Every line in the records below that holds the word "true" is to be copied.

[Dataset entries]
____________________

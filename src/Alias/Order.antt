-- ===== src/Alias/Order.antt =====
-- The alias list stays in strict `strcmp` order, so each name stands in it once; lookups after
-- `set_alias` and `csh_aliases_unset`.
use cshell.Prelude.{true, none, some, [], ◌∷◌, ◌≡◌, refl, arith, if◌then◌else◌}
use cshell.Prelude.Bytes.{
  Bytes, bytes_eq, bytes_lt, bytes_eq_iff, bytes_lt_trans, bytes_lt-ne, bytes_lt_total,
  bytes_eq_sym,
}
use cshell.Prelude.Memory.{Memory}
use cshell.Prelude.Table.{find, assign, remove, NamesUnique, find-assign}
use cshell.Alias.{Aliases, ok, err, valid_name, get, insert_sorted, set_alias, unset_alias}

-- Every name of the list comes after `k`.
abbrev pub Above : Bytes → Aliases → Type 0
Above k [] = Unit
Above k ((j, v) ∷ t) = (bytes_lt k j ≡ true) × Above k t

abbrev pub IsSorted : Aliases → Type 0
IsSorted [] = Unit
IsSorted ((k, v) ∷ t) = Above k t × IsSorted t

-- Every name is one that `valid_name` takes.
abbrev pub NamesValid : Aliases → Type 0
NamesValid [] = Unit
NamesValid ((k, v) ∷ t) = (valid_name k ≡ true) × NamesValid t

-- The table's invariant.
pub record IsTable (t : Aliases) : Type 0 where
  pub sorted : IsSorted t
  pub names : NamesValid t

Above-trans : (j k : Bytes) (t : Aliases) → bytes_lt j k ≡ true → Above k t → Above j t
Above-trans j k [] h a = tt
Above-trans j k ((i, v) ∷ t) h a = (bytes_lt_trans j k i h a.0, Above-trans j k t h a.1)

Above-find : (k : Bytes) (t : Aliases) → Above k t → find k t ≡ none
unfolding find
Above-find k [] a = refl
Above-find k ((i, v) ∷ t) a =
    ground (arith, bytes_lt-ne k i a.0, bytes_eq_sym k i, Above-find k t a.1)

pub IsSorted-NamesUnique : (t : Aliases) → IsSorted t → NamesUnique t
IsSorted-NamesUnique [] s = tt
IsSorted-NamesUnique ((k, v) ∷ t) s = (Above-find k t s.0, IsSorted-NamesUnique t s.1)

Above-insert_sorted :
    (j k v : Bytes) (t : Aliases) → bytes_lt j k ≡ true → Above j t → Above j (insert_sorted k v t)
unfolding insert_sorted
Above-insert_sorted j k v [] h a = (h, tt)
Above-insert_sorted j k v ((i, w) ∷ t) h a = ground (arith, Above-insert_sorted j k v t h a.1)

Above-assign : (j k v : Bytes) (t : Aliases) → Above j t → Above j (assign k v t)
unfolding assign
Above-assign j k v [] a = tt
Above-assign j k v ((i, w) ∷ t) a = ground (arith, Above-assign j k v t a.1)

Above-remove : (j k : Bytes) (t : Aliases) → Above j t → Above j (remove k t)
unfolding remove
Above-remove j k [] a = tt
Above-remove j k ((i, w) ∷ t) a = ground (arith, Above-remove j k t a.1)

insert_sorted-IsSorted :
    (k v : Bytes) (t : Aliases) → find k t ≡ none → IsSorted t → IsSorted (insert_sorted k v t)
unfolding insert_sorted find
insert_sorted-IsSorted k v [] h s = (tt, tt)
insert_sorted-IsSorted k v ((i, w) ∷ t) h s = ground (
  arith,
  Above-insert_sorted i k v t,
  insert_sorted-IsSorted k v t,
  bytes_lt_total i k,
  Above-trans k i t,
)

assign-IsSorted : (k v : Bytes) (t : Aliases) → IsSorted t → IsSorted (assign k v t)
unfolding assign
assign-IsSorted k v [] s = tt
assign-IsSorted k v ((i, w) ∷ t) s = ground (arith, Above-assign i k v t, assign-IsSorted k v t)

remove-IsSorted : (k : Bytes) (t : Aliases) → IsSorted t → IsSorted (remove k t)
unfolding remove
remove-IsSorted k [] s = tt
remove-IsSorted k ((i, w) ∷ t) s = ground (arith, Above-remove i k t, remove-IsSorted k t)

insert_sorted-NamesValid :
    (k v : Bytes) (t : Aliases)
    → valid_name k ≡ true
    → NamesValid t
    → NamesValid (insert_sorted k v t)
unfolding insert_sorted
insert_sorted-NamesValid k v [] h s = (h, tt)
insert_sorted-NamesValid k v ((i, w) ∷ t) h s = ground (arith, insert_sorted-NamesValid k v t)

assign-NamesValid : (k v : Bytes) (t : Aliases) → NamesValid t → NamesValid (assign k v t)
unfolding assign
assign-NamesValid k v [] s = tt
assign-NamesValid k v ((i, w) ∷ t) s = ground (arith, assign-NamesValid k v t)

remove-NamesValid : (k : Bytes) (t : Aliases) → NamesValid t → NamesValid (remove k t)
unfolding remove
remove-NamesValid k [] s = tt
remove-NamesValid k ((i, w) ∷ t) s = ground (arith, remove-NamesValid k t)

find-insert_sorted :
    (k j v : Bytes) (t : Aliases)
    → find k t ≡ none
    → find j (insert_sorted k v t) ≡ (if bytes_eq k j then some v else find j t)
unfolding find insert_sorted
find-insert_sorted k j v [] h = refl
find-insert_sorted k j v ((i, w) ∷ t) h =
    ground (arith, bytes_eq_iff i k, bytes_eq_iff i j, bytes_eq_iff k j, find-insert_sorted k j v t)

-- `set_alias` keeps the list sorted, each name at most once, and its names valid, on every branch.
pub set_alias-IsTable :
    (k v : Bytes) (t : Aliases) (m : Memory) → IsTable t → IsTable (set_alias k v t m).1
unfolding set_alias
set_alias-IsTable k v t m h = ground (
  arith,
  insert_sorted-IsSorted k v t,
  assign-IsSorted k v t,
  insert_sorted-NamesValid k v t,
  assign-NamesValid k v t,
)

-- `csh_aliases_unset` keeps a well-formed table well formed.
pub unset_alias-IsTable : (k : Bytes) (t : Aliases) → IsTable t → IsTable (unset_alias k t).1
unfolding unset_alias
unset_alias-IsTable k t h = ground (arith, remove-IsSorted k t, remove-NamesValid k t)

-- What a lookup finds after `set_alias`: the new value under the name if the call succeeded, and
-- the old table's answer under every other name, and under every name if the call failed.
pub get-set_alias :
    (k j v : Bytes) (t : Aliases) (m : Memory)
    → get (set_alias k v t m).1 j ≡ (elim (set_alias k v t m).0 [
      | ok ↦ if bytes_eq k j then some v else get t j
      | err e ↦ get t j
    ])
unfolding set_alias get
get-set_alias k j v t m =
    ground (arith, bytes_eq_iff k j, find-insert_sorted k j v t, find-assign k j v t)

____________________

Answer for this exercise:
use cshell.Prelude.{true, none, some, [], ◌∷◌, ◌≡◌, refl, arith, if◌then◌else◌}
Above k ((j, v) ∷ t) = (bytes_lt k j ≡ true) × Above k t
NamesValid ((k, v) ∷ t) = (valid_name k ≡ true) × NamesValid t
Above-trans : (j k : Bytes) (t : Aliases) → bytes_lt j k ≡ true → Above k t → Above j t
    (j k v : Bytes) (t : Aliases) → bytes_lt j k ≡ true → Above j t → Above j (insert_sorted k v t)
    → valid_name k ≡ true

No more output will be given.